I’ve seen projects where the migration to Kotlin was used as an excuse to rewrite entire modules. And in some cases it worked, not because Kotlin was better than Java, but because the rewrite forced a redesign. But you could have done that in Java too.
My criteria for new projects
If I start a backend project today and have freedom of choice:
| Situation | My choice | Why |
|---|---|---|
| Team with Kotlin experience | Kotlin | You leverage null safety, conciseness, coroutines |
| Java-only team, long project | Java (with future Kotlin possibility) | You don’t pay ramp-up cost at the start |
| Small microservice, small team | Kotlin | Less code, smaller bug surface |
| Project with many Java legacy integrations | Java | Less friction, fewer platform types |
| MVP or quick prototype | Either | The language isn’t the bottleneck |
| Library that other teams will consume | Java | Maximizes compatibility |
What doesn’t show up in benchmarks
Java vs Kotlin benchmarks measure compilation performance, runtime performance, binary size. None of them measure what truly matters in the long run:
- How many hours it takes a new team member to become productive.
- How many bugs reach production due to poor null handling.
- How long a code review takes in a mixed project.
- How much it costs to find a candidate with experience in your stack.

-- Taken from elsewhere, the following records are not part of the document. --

-- ===== src/Cfg/Examples.antt =====
-- One key is saved into a file that sets it twice, and another key besides.
use linuxgsm_dashboard.Base.{
  sym, ◌≡◌, ◌∷◌, [], ◌++◌, refl, Text, codes, true, false, not, ◌||◌, none, some, arith, eqt,
  eqt_iff, text_mem, Bool-cases, inl, inr,
}
use linuxgsm_dashboard.Base.Tables.{Table, lookup}
use linuxgsm_dashboard.Ids.{is_safe_cfg_value}
use linuxgsm_dashboard.Cfg.{cfg_values}
use linuxgsm_dashboard.Cfg.Updates.{Writable}
use linuxgsm_dashboard.Cfg.RoundTrip.{saved, cfg_round_trip, cfg_keeps_others}

abbrev port : Text
port = codes "port"

abbrev values : Table Text
values = (port, codes "2 # 3") ∷ []

abbrev content : Text
content = codes "port='1' # old" ++ (10 ∷ (codes "ip=\"1\"" ++ (10 ∷ codes "port=5")))

port-safe : is_safe_cfg_value (codes "2 # 3") ≡ true
unfolding is_safe_cfg_value
port-safe = refl

values-Writable : Writable values
unfolding lookup
values-Writable k v h = elim (Bool-cases (eqt port k)) [
  | inl same ↦
      let q : port ≡ k = (eqt_iff port k).0 same in
      let r : codes "2 # 3" ≡ v = ground arith in (rw (sym q) refl, rw (sym r) port-safe)
  | inr other ↦ absurd (ground arith)
]

has_port : lookup port values ≡ some (codes "2 # 3")
unfolding lookup eqt
has_port = refl

asked : text_mem port (port ∷ []) ≡ true
unfolding text_mem eqt
asked = refl

full : not (eqt (codes "2 # 3") []) || false ≡ true
unfolding eqt
full = refl

cfg_round_trip_example :
    lookup port (cfg_values (saved content values (port ∷ []) false)) ≡ some (codes "2 # 3")
cfg_round_trip_example =
    cfg_round_trip content values (port ∷ []) false port (codes "2 # 3") values-Writable has_port
      full asked

no_ip : lookup (codes "ip") values ≡ none
unfolding lookup eqt
no_ip = refl

cfg_keeps_others_example :
    lookup (codes "ip") (cfg_values (saved content values (port ∷ []) false))
    ≡ lookup (codes "ip") (cfg_values content)
cfg_keeps_others_example =
    cfg_keeps_others content values (port ∷ []) false (codes "ip") values-Writable no_ip
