-- ===== src/Cron.antt =====
-- Cron schedules: ParseCron, parseCronField and CronSpec.Matches of backend/cron.go. A bit set is the
-- test of its bits; every bit is below 64. The loop over the values of a part counts in a 64-bit int:
-- `v` is its two's complement, so a step close to 2 ^ 63 wraps around as in Go. Error texts are left out.
pub mod Fields
pub mod Validation
mod Examples
use linuxgsm_dashboard.Base.{
  ℕ, zero, suc, ◌+◌, ◌-◌, ◌*◌, ◌%◌, ◌^◌, Text, codes, List, [], ◌∷◌, Bool, true, false, not, ◌&&◌,
  ◌||◌, Option, none, some, ltb, leb, ◌==◌, if◌then◌else◌, ◌>>=◌, eqt, has_prefix, cut, split_on,
  atoi, ℤ, pos, negsuc,
}
use linuxgsm_dashboard.Totp.{trim_space, is_space}

abbrev pub Bits : Type 0
Bits = ℕ → Bool

abbrev pub no_bits : Bits
no_bits = λ v. false

pub record CronSpec : Type 0 where
  pub minute : Bits
  pub hour : Bits
  pub dom : Bits
  pub month : Bits
  pub dow : Bits
  pub dom_star : Bool
  pub dow_star : Bool

unfoldable pub cron_macro : Text → Text
cron_macro expr =
    if eqt expr (codes "@yearly") || eqt expr (codes "@annually")
    then codes "0 0 1 1 *"
    else if eqt expr (codes "@monthly")
    then codes "0 0 1 * *"
    else if eqt expr (codes "@weekly")
    then codes "0 0 * * 0"
    else if eqt expr (codes "@daily") || eqt expr (codes "@midnight")
    then codes "0 0 * * *"
    else if eqt expr (codes "@hourly")
    then codes "0 * * * *"
    else expr

abbrev pub starts_word : Text → Bool
starts_word [] = false
starts_word (c ∷ s) = not (is_space c)

abbrev pub onto_word : ℕ → Bool → List Text → List Text
onto_word c true (w ∷ ws) = (c ∷ w) ∷ ws
onto_word c _ ws = (c ∷ []) ∷ ws

-- strings.Fields
unfoldable pub fields : Text → List Text
fields [] = []
fields (c ∷ s) =
    let rest = fields s in if is_space c then rest else onto_word c (starts_word s) rest

abbrev pub as_step : Option ℤ → Option ℕ
as_step (some (pos (suc n))) = some (suc n)
as_step _ = none

-- What stands before a `/`, and the step behind it; the step is 1 where there is no `/`.
unfoldable pub split_step : Text → Option (Text × ℕ)
split_step part = elim (cut b'/' part) [
  | none ↦ some (part, 1)
  | some (range_part, t) ↦ elim (as_step (atoi t)) [ none ↦ none | some n ↦ some (range_part, n) ]
]

abbrev pub in_order : Option ℤ → Option ℤ → Option (ℕ × ℕ)
in_order (some (pos a)) (some (pos b)) = if ltb b a then none else some (a, b)
in_order _ _ = none

abbrev pub single : ℕ → ℕ → Option ℤ → Option (ℕ × ℕ)
single top step (some (pos n)) = some (n, if ltb 1 step then top else n)
single top step _ = none

-- The first and the last value of a part. What precedes the first `-` has no sign of its own, and a
-- negative second bound is below the first, so no negative number passes.
unfoldable pub part_range : ℕ → ℕ → Text → ℕ → Option (ℕ × ℕ)
part_range low top range_part step =
    if eqt range_part (codes "*") then some (low, top) else elim (cut b'-' range_part) [
      | some (a, b) ↦ in_order (atoi a) (atoi b)
      | none ↦ single top step (atoi range_part)
    ]

abbrev pub set_bit : ℕ → Bits → Bits
set_bit v bits x = x == v || bits x

-- `v <= hi` of 64-bit ints, where `hi` is not negative
abbrev pub at_most : ℕ → ℕ → Bool
at_most v hi = leb (2 ^ 63) v || leb v hi

-- The loop; `1 << uint(v)` is 0 from 64 on.
unfoldable pub fill : ℕ → ℕ → ℕ → ℕ → Bits → Bits
fill zero v hi step bits = bits
fill (suc rounds) v hi step bits =
    let more =
      fill rounds ((v + step) % 2 ^ 64) hi step (if ltb v 64 then set_bit v bits else bits) in
    if at_most v hi then more else bits

-- More rounds than the loop takes for values up to 59: a step that does not wrap gains at least 1 in
-- each round, and one that does loses at least 2 in two rounds.
abbrev pub max_rounds : ℕ
max_rounds = 200

unfoldable pub add_part : ℕ → ℕ → Text → Bits → Option Bits
add_part low top part bits = do
  split ← split_step part
  range ← part_range low top split.0 split.1
  if ltb range.0 low || ltb top range.1
      then none
      else some (fill max_rounds range.0 range.1 split.1 bits)

unfoldable pub add_parts : ℕ → ℕ → List Text → Bits → Option Bits
add_parts low top [] bits = some bits
add_parts low top (part ∷ parts) bits = do
  more ← add_part low top part bits
  add_parts low top parts more

unfoldable pub parse_cron_field : Text → ℕ → ℕ → Option Bits
parse_cron_field field low top = add_parts low top (split_on b',' field) no_bits

-- 7 is Sunday as well.
abbrev pub sunday : Bits → Bits
sunday dow = if dow 7 then set_bit 0 dow else dow

unfoldable pub spec_of : List Text → Option CronSpec
spec_of (m ∷ h ∷ d ∷ mon ∷ w ∷ []) = do
  minute ← parse_cron_field m 0 59
  hour ← parse_cron_field h 0 23
  dom ← parse_cron_field d 1 31
  month ← parse_cron_field mon 1 12
  dow ← parse_cron_field w 0 7
  some (record {
    minute = minute;
    hour = hour;
    dom = dom;
    month = month;
    dow = sunday dow;
    dom_star = has_prefix d (codes "*");
    dow_star = has_prefix w (codes "*");
  })
spec_of _ = none

unfoldable pub parse_cron : Text → Option CronSpec
parse_cron expr = spec_of (fields (cron_macro (trim_space expr)))

-- The fields of a time.Time that count; Sunday is 0.
pub record Moment : Type 0 where
  pub in_minute : ℕ
  pub in_hour : ℕ
  pub on_day : ℕ
  pub in_month : ℕ
  pub on_weekday : ℕ

unfoldable pub fires : CronSpec → Moment → Bool
fires s t =
    if not (s.minute t.in_minute) || (not (s.hour t.in_hour) || not (s.month t.in_month))
    then false
    else if s.dom_star || s.dow_star
    then s.dom t.on_day && s.dow t.on_weekday
    else s.dom t.on_day || s.dow t.on_weekday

- How many times someone broke something because they didn’t understand a chain of scope functions.
Those metrics are what determine whether Kotlin is the right decision for your team. And they depend on your context, not on language features.
Java is not an obsolete language. Kotlin is not a silver bullet. The best decision is the one your team can maintain for the next three years without accumulating invisible technical debt. Sometimes that’s Kotlin. Sometimes it’s Java. And sometimes it’s both, with a clear plan for coexistence.